• Task
Output exactly, with nothing added, the entries from the first line through the line with "pub mod Results".

(Dataset entries)
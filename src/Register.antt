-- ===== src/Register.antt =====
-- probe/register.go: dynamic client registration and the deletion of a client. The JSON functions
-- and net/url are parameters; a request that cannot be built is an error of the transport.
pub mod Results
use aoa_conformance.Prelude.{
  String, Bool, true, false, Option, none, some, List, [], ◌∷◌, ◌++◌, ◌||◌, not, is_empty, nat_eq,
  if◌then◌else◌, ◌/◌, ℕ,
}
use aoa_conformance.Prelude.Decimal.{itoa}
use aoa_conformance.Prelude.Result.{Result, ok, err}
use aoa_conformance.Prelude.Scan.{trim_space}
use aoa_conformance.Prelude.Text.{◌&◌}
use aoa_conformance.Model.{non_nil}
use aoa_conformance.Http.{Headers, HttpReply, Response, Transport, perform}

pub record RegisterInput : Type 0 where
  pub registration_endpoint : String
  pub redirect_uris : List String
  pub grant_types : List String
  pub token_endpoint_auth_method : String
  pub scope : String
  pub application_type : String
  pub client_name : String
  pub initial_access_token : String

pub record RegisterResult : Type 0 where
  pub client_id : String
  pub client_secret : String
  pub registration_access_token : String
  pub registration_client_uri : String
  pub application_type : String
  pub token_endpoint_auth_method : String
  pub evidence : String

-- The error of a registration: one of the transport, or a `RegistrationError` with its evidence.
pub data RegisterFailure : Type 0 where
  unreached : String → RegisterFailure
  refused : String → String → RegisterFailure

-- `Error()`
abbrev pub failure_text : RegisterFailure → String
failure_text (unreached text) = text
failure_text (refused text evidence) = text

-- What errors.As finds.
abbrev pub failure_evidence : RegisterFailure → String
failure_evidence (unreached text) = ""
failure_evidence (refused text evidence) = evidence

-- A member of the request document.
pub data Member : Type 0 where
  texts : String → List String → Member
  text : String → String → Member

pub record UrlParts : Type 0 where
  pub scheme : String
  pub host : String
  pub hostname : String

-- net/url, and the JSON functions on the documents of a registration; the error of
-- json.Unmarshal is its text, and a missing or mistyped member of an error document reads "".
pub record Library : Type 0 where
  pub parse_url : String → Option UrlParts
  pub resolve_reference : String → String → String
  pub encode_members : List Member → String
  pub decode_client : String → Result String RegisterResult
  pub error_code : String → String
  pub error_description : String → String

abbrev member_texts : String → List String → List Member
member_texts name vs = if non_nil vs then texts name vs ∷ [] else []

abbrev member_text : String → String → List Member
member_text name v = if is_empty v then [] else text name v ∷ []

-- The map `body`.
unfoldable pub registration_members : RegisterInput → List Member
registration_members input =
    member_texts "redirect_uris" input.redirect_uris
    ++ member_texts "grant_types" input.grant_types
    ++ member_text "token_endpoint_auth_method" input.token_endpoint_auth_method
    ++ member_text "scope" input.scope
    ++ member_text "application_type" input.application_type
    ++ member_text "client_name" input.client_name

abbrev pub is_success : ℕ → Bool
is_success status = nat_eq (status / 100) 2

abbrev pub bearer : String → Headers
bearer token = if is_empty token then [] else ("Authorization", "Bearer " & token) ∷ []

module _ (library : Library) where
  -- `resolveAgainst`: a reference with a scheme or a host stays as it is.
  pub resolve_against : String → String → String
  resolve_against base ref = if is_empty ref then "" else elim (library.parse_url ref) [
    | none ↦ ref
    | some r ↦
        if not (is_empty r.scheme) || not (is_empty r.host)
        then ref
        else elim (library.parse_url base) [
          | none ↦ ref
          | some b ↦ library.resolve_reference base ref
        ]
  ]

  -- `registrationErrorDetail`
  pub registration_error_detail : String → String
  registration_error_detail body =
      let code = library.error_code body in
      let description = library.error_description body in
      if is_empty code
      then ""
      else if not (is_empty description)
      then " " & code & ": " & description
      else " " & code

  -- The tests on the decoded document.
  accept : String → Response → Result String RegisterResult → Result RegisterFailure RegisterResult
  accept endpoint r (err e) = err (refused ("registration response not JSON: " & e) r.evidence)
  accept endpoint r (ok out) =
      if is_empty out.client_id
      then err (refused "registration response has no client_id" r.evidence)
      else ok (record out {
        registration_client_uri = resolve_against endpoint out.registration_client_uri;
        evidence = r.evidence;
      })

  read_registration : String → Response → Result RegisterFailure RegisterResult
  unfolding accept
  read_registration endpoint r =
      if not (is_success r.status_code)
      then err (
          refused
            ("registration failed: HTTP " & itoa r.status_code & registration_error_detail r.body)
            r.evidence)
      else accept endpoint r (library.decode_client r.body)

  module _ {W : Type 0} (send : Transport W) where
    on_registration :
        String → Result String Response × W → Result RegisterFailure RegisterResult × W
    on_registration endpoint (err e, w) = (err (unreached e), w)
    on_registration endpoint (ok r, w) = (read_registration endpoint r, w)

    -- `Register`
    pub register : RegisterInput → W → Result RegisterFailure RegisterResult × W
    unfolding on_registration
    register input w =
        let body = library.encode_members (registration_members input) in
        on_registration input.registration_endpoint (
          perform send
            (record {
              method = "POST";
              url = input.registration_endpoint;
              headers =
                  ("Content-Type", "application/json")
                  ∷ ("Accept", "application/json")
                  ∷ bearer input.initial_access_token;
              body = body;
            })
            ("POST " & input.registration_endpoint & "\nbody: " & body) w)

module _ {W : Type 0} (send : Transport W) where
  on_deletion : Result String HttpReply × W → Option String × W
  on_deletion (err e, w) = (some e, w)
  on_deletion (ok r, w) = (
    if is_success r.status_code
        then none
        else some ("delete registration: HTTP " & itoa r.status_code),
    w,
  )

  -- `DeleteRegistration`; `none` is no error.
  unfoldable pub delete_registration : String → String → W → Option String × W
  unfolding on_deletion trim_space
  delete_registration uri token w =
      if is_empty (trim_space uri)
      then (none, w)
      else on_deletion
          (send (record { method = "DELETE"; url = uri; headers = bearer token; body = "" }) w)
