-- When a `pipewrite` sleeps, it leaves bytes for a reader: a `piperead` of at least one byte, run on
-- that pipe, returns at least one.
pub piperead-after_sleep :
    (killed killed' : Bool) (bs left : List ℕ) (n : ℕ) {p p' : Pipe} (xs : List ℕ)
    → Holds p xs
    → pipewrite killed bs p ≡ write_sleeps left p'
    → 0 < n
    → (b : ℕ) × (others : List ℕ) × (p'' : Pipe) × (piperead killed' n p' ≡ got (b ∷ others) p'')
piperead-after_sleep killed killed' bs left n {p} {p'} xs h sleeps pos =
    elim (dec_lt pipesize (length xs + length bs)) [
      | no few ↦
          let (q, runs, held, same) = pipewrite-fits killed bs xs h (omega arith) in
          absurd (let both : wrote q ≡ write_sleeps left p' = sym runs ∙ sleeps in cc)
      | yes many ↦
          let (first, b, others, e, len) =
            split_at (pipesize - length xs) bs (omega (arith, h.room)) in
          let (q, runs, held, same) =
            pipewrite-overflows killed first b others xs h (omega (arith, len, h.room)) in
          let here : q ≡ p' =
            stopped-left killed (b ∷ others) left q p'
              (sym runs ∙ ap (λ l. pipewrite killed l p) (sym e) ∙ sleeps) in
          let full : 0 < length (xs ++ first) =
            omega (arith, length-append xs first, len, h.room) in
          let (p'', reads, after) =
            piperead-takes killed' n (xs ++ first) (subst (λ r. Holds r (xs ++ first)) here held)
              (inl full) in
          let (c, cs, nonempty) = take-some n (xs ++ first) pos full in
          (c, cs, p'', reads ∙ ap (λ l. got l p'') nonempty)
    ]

• Your response
filename src/Register.antt
-- ===== src/Register.antt =====
-- probe/register.go: dynamic client registration and the deletion of a client. The JSON functions
-- and net/url are parameters; a request that cannot be built is an error of the transport.
pub mod Results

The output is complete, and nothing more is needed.